Pro Asyl beklagt Untätigkeit der Bundesregierung
Neun Kurden nach Abschiebung in die Türkei gefoltert.
Forderung nach Abschiebestopp
Frankfurt (taz) - Die neue Bundesregierung habe sie "extrem enttäuscht", sagten die Sprecher der Menschenrechtsorganisationen Pro Asyl und IPPNW (Internationale Ärzte zur Verhütung des Atomkrieges) sowie des Niedersächsischen Flüchtlingsrates gestern in Frankfurt. Anstatt eine neue, an den Menschenrechten orientierte Türkei- und Asylpolitik einzuleiten, schrieben SPD und Grüne die alte Politik von "Hardliner" Kanther (CDU) und Außenminister Kinkel (FDP) einfach fort. Obgleich sich die Situation für die Kurden in der Türkei nach der Verhaftung von PKK-Chef Öcalan "noch verschärft" habe, würden von Deutschland aus weiter Kurden in die Türkei abgeschoben, konstatierte Claudia Gayer vom Flüchtlingsrat. Dort drohten ihnen "Verfolgung und Folter".

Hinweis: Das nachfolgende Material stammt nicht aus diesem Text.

-- ===== src/Calls.antt =====
-- The calls of a database or of another server, which are not part of the program.
use mq_kafka.Prelude.{Bool, true, false}

-- How a call that writes ends: done and answered; refused, with an exception or the answer false;
-- or done although it ends in an exception.
pub data Reply : Type 0 where
  done refused unanswered : Reply

abbrev pub applied : Reply → Bool
applied done = true
applied refused = false
applied unanswered = true

abbrev pub answered : Reply → Bool
answered done = true
answered refused = false
answered unanswered = false
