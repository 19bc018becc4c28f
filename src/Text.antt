-- ===== src/Text.antt =====
-- JavaScript strings as lists of UTF-16 code units, and the built-in methods that the console's
-- scripts call: comparison, `replace` of a first occurrence by "", `split` and `join`.
pub mod Laws
pub mod Case
use Prim.Native.Char.{code}
use Prim.Native.String.{String}
use mq_kafka.Prelude.{
  ℕ, Bool, true, false, ◌&&◌, ◌||◌, Option, none, some, List, [], ◌∷◌, ◌++◌, ◌==◌, if◌then◌else◌,
  ◌≢◌,
}
use mq_kafka.Prelude

abbrev pub Text : Type 0
Text = List ℕ

-- A literal of the source: all of its characters lie in the basic plane, one code unit each.
abbrev pub codes : String → Text
codes String.[] = []
codes (String.◌∷◌ c s) = code c ∷ codes s

-- `a == b` on strings.
unfoldable pub eq_text : Text → Text → Bool
eq_text [] [] = true
eq_text (a ∷ s) (b ∷ t) = a == b && eq_text s t
eq_text _ _ = false

-- What follows a prefix.
unfoldable pub strip_prefix : Text → Text → Option Text
strip_prefix [] s = some s
strip_prefix (p ∷ ps) [] = none
strip_prefix (p ∷ ps) (c ∷ s) = if p == c then strip_prefix ps s else none

-- `s.replace(pattern, '')` for a string `pattern`: its first occurrence goes.
unfoldable pub remove_first : Text → Text → Text
unfolding strip_prefix
remove_first pattern [] = []
remove_first pattern (c ∷ s) = elim (strip_prefix pattern (c ∷ s)) [
  | none ↦ c ∷ remove_first pattern s
  | some rest ↦ rest
]

abbrev cons_head : ℕ → List Text → List Text
cons_head c [] = (c ∷ []) ∷ []
cons_head c (p ∷ ps) = (c ∷ p) ∷ ps

-- `s.split(sep)` for a separator of one code unit.
unfoldable pub split : ℕ → Text → List Text
split sep [] = [] ∷ []
split sep (c ∷ s) = let parts = split sep s in if c == sep then [] ∷ parts else cons_head c parts

-- `parts.join(sep)`.
unfoldable pub join : Text → List Text → Text
join sep [] = []
join sep (p ∷ []) = p
join sep (p ∷ q ∷ ps) = p ++ (sep ++ join sep (q ∷ ps))

-- The code unit does not occur.
abbrev pub Free : ℕ → Text → Type 0
Free c s = Prelude.All (λ x. x ≢ c) s

-- Whether a text stands somewhere in another.
unfoldable pub occurs : Text → Text → Bool
unfolding strip_prefix
occurs pattern [] = elim (strip_prefix pattern []) [ none ↦ false | some rest ↦ true ]
occurs pattern (c ∷ s) = elim (strip_prefix pattern (c ∷ s)) [
  | none ↦ occurs pattern s
  | some rest ↦ true
]

-- `texts.indexOf(t) > -1`
unfoldable pub contains_text : Text → List Text → Bool
unfolding eq_text
contains_text t [] = false
contains_text t (x ∷ xs) = eq_text x t || contains_text t xs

Acht neue Fälle von Mißhandlungen und Folterungen von kurdischen Flüchtlingen, die nach erfolglosem Asylantrag in die Türkei abgeschoben und dort inhaftiert worden seien, wurden von den Organsiationen präsentiert. Pro-Asyl-Sprecher Heiko Kauffmann wies darauf hin, daß seine Organisation und der Flüchtlingsbeirat schon im Februar eine Dokumentation über das Schicksal von Kurden vorgestellt habe, die nach ihrer Abschiebung in die Türkei mißhandelt und gefoltert worden seien. "Wir hatten damals an die Bundesregierung appelliert, sofort ein Abschiebemoratorium für Kurden aus der Türkei zu erlassen; aber nichts ist passiert." Dabei habe das Auswärtige Amt Ende Februar in einem Zwischenbericht selbst festgestellt, daß für in die Türkei abgeschobene Kurden ein "erhöhtes Risiko" bestehe.

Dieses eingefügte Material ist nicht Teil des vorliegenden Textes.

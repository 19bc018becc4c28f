-- ===== src/Text/Case.antt =====
-- The case of letters, as Java's Character and String have it. Letters are those of ASCII: a code unit
-- beyond it has no case.
use mq_kafka.Prelude.{ℕ, ◌+◌, ◌-◌, Bool, ◌&&◌, leb, if◌then◌else◌, map}
use mq_kafka.Text.{Text}

unfoldable pub is_upper : ℕ → Bool
is_upper c = leb b'A' c && leb c b'Z'

unfoldable pub is_lower : ℕ → Bool
is_lower c = leb b'a' c && leb c b'z'

-- `Character.toLowerCase` and `Character.toUpperCase`.
unfoldable pub lower_case : ℕ → ℕ
unfolding is_upper
lower_case c = if is_upper c then c + 32 else c

unfoldable pub upper_case : ℕ → ℕ
unfolding is_lower
upper_case c = if is_lower c then c - 32 else c

-- `String.toLowerCase` and `String.toUpperCase`.
abbrev pub to_lower : Text → Text
to_lower s = map lower_case s

abbrev pub to_upper : Text → Text
to_upper s = map upper_case s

Viele Kurden, die nach Deutschland geflohen sind, seien "traumatisiert" und dürften auch deshalb nicht abgeschoben werden, so IPPNW-Vorstandsmitglied Gisela Penteker. Die drei Organisationen erneuerten ihre Forderung nach einem Abschiebestopp. Die Bundesregierung müsse auch das sogenannte Konsultationsabkommen mit der Türkei aufkündigen, in dem sich die Türkei verpflichtete, die deutschen Behörden darüber zu informieren, ob einem Kurden in der Türkei ein Strafverfahren droht - oder nicht. Damit nämlich würden die türkischen Behörden oft erst auf den "Schübling" aufmerksam gemacht, beklagte Kai Weber vom Flüchtlingsrat.